1 – Editeurs, de Cayrol et A. François. (G.A.)

2 – Le prince de Deux-Ponts. (G.A.)

3 – C’est une ironie ; il s’agissait d’un conte grossier que Robbé venait de faire. (A. François.)

4 – De Rochechouart. (G.A.)

5 – La Lettre d’un théologien où d’Alembert était loué. (G.A.)

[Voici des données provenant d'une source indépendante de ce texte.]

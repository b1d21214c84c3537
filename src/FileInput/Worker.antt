-- ===== src/FileInput/Worker.antt =====
-- plugin/input/file/worker.go: the worker reads a file up to its end in chunks, and hands each line to
-- the pipeline. The file is the list of the chunks that `Read` returns before the end of the file,
-- the calls of the controller are the list `calls`. Offsets count bytes of one file and stay within
-- an int64.
pub mod Lines
pub mod Refinement
pub mod Bounds
use file_d.Base.{
  ℕ, zero, suc, ◌+◌, Bytes, Bool, true, false, not, ◌&&◌, Option, none, some, List, [], ◌∷◌, ◌++◌,
  is_empty, length, take, drop, index_byte, ltb, ◌==◌, if◌then◌else◌, Result, ok, err,
}

-- The arguments of `controller.In`.
pub record Input : Type 0 where
  pub source_id : ℕ
  pub source_name : Bytes
  pub offset : ℕ
  pub line : Bytes
  pub is_new_source : Bool

pub data Call : Type 0 where
  gives : Input → Call
  exceeds : Call  -- IncMaxEventSizeExceeded

-- The fields of `Job` that the worker uses.
pub record Job : Type 0 where
  pub source_id : ℕ
  pub filename : Bytes
  pub symlink : Bytes
  pub cur_offset : ℕ
  pub tail : Bytes
  pub is_virgin : Bool
  pub is_done : Bool
  pub should_skip : Bool

-- The variables of the reading loop.
pub record Scan : Type 0 where
  pub accum_buf : Bytes
  pub skip_line : Bool
  pub should_skip : Bool
  pub scanned : ℕ
  pub calls : List Call

pub data Panic : Type 0 where
  job_is_done : Panic

abbrev pub newline : ℕ
newline = 10

-- `maxEventSize`, with `shouldCheckMax`: no limit is 0.
abbrev pub over_max : ℕ → ℕ → Bool
over_max max_event_size size = not (max_event_size == 0) && ltb max_event_size size

-- The name that the pipeline sees.
abbrev pub source_name_of : Job → Bytes
source_name_of job = if is_empty job.symlink then job.filename else job.symlink

module _ (max_event_size : ℕ) (job : Job) where
  abbrev pub input_at : ℕ → Bytes → Input
  input_at scanned line = record {
    source_id = job.source_id;
    source_name = source_name_of job;
    offset = job.cur_offset + scanned;
    line = line;
    is_new_source = job.is_virgin;
  }

  -- The size is checked before the skip.
  check_size : Bytes → Scan → Scan
  check_size line s =
      if over_max max_event_size (length s.accum_buf + length line)
      then record s { skip_line = true; calls = s.calls ++ exceeds ∷ [] }
      else s

  give_line : Bytes → Scan → Scan
  give_line line s =
      if s.skip_line then record s { should_skip = false; skip_line = false } else record s {
        calls =
            s.calls
            ++ gives
                (input_at s.scanned (if is_empty s.accum_buf then line else s.accum_buf ++ line))
              ∷ [];
      }

  -- One round of the parsing loop, over a line with its newline.
  pub scan_line : Bytes → Scan → Scan
  unfolding check_size give_line
  scan_line line s =
      record (give_line line (check_size line (record s { scanned = s.scanned + length line }))) {
        accum_buf = [];
      }

  -- The parsing loop, with what is left of the chunk. A round takes a byte at least.
  pub scan_loop : ℕ → Bytes → Scan → Scan × Bytes
  scan_loop zero buf s = (s, buf)
  scan_loop (suc fuel) buf s = elim (index_byte buf newline) [
    | none ↦ (record s { scanned = s.scanned + length buf }, buf)
    | some pos ↦ scan_loop fuel (drop (suc pos) buf) (scan_line (take (suc pos) buf) s)
  ]

  -- What is left is dropped if the buffer is over the limit already.
  keep_rest : Scan × Bytes → Scan
  keep_rest (s, buf) =
      if over_max max_event_size (length s.accum_buf)
      then s
      else record s { accum_buf = s.accum_buf ++ buf }

  unfoldable pub scan_chunk : Bytes → Scan → Scan
  unfolding keep_rest
  scan_chunk buf s = keep_rest (scan_loop (suc (length buf)) buf s)

  unfoldable pub scan_chunks : List Bytes → Scan → Scan
  scan_chunks [] s = s
  scan_chunks (buf ∷ bufs) s = scan_chunks bufs (scan_chunk buf s)

abbrev pub total_length : List Bytes → ℕ
total_length [] = 0
total_length (b ∷ bs) = length b + total_length bs

abbrev pub first_scan : Job → Scan
first_scan job = record {
  accum_buf = job.tail;
  skip_line = job.should_skip;
  should_skip = job.should_skip;
  scanned = 0;
  calls = [];
}

-- A job's turn, up to the end of the file.
unfoldable pub work : ℕ → Job → List Bytes → Result Panic (Job × List Call)
work max_event_size job bufs =
    if job.is_done
    then err job_is_done
    else let s = scan_chunks max_event_size job bufs (first_scan job) in
      ok (
        record job {
          tail = s.accum_buf;
          cur_offset = job.cur_offset + total_length bufs;
          should_skip = s.should_skip;
        },
        s.calls,
      )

6 – Secrétaire des commandements du duc. (G.A.)

 

 

 

 

 

à M. d’Hornoy.

 

A Ferney, 20 Novembre 1774.

 

 

          Vous êtes, mon cher ami, un très bon rapporteur, et vous seriez un excellent avocat général. Ce n’est pas une petite affaire de rédiger neuf édits qu’on a entendu lire rapidement. Je crois en général que les neuf édits seront très bien reçus du public, et même de votre compagnie.

 

          Vous voilà rendu aux vœux de tout Paris. Vous voilà dans votre place (1), et c’est le point principal. Vous serez toujours le boulevard de la France contre les entreprises de Rome. Vous donnerez la régence du royaume dans les occasions, qui, Dieu merci, ne se présenteront de plus de cent ans. Enfin vous n’avez d’autre contrainte que celle de ne point faire de mal dans quelques circonstances délicates où vous en pourriez faire. Il est si beau, à mon gré, de rendre la justice ; c’est une fonction si noble, si difficile, et si respectable par ses difficultés mêmes, que ce n’est point l’acheter trop cher par quelques légères privations.

 

          Je vous remercie, mon cher ami, de votre beau rapport ; je ne vous importunerai pas encore de l’affaire de notre jeune homme (2), pour laquelle vous vous intéressez. Il continue à nous plaire à tous : sa modestie et sa sagesse ne se démentent point.

 

          M. Turgot, qui a couché huit ou dix jours aux Délices, il y a bien longtemps, voudra bien lui accorder sa protection. Nous en trouverons beaucoup à la cour ; mais vous nous serez plus nécessaire que personne dans votre corps. Je voudrais pouvoir le mener moi-même à Paris, et venir vous embrasser ; mais quatre-vingts ans et mes maladies me retiennent. Je vois la mort de bien près ; mais je vous avoue que je serais fâché de mourir sans avoir pu rendre à ce jeune infortuné les services que l’humanité lui doit. J’ai quelques pièces du procès, mais je ne les ai pas toutes. Je les demande, je les attends de sa famille. Réservez-moi votre appui et vos soins généreux pour le temps où il faudra qu’il se présente. Son souverain a écrit pour le faire recommander par le ministre qu’il a en France. J’espère que la meilleure recommandation sera dans les pièces du procès. Alors il faudra, je crois, des lettres d’attribution au parlement pour le juger : sinon il faudrait des lettres de grâce, ce que je n’aime point du tout, parce que grâce constate crime.

 

          Adieu, mon cher ami ; vous allez juger, Paris va se réjouir, et je vais souffrir. Je vous embrasse très tendrement ; votre paresseuse tante en fait autant.

 

 

1 – L’ancien parlement avait été rappelé le 12 novembre. (G.A.)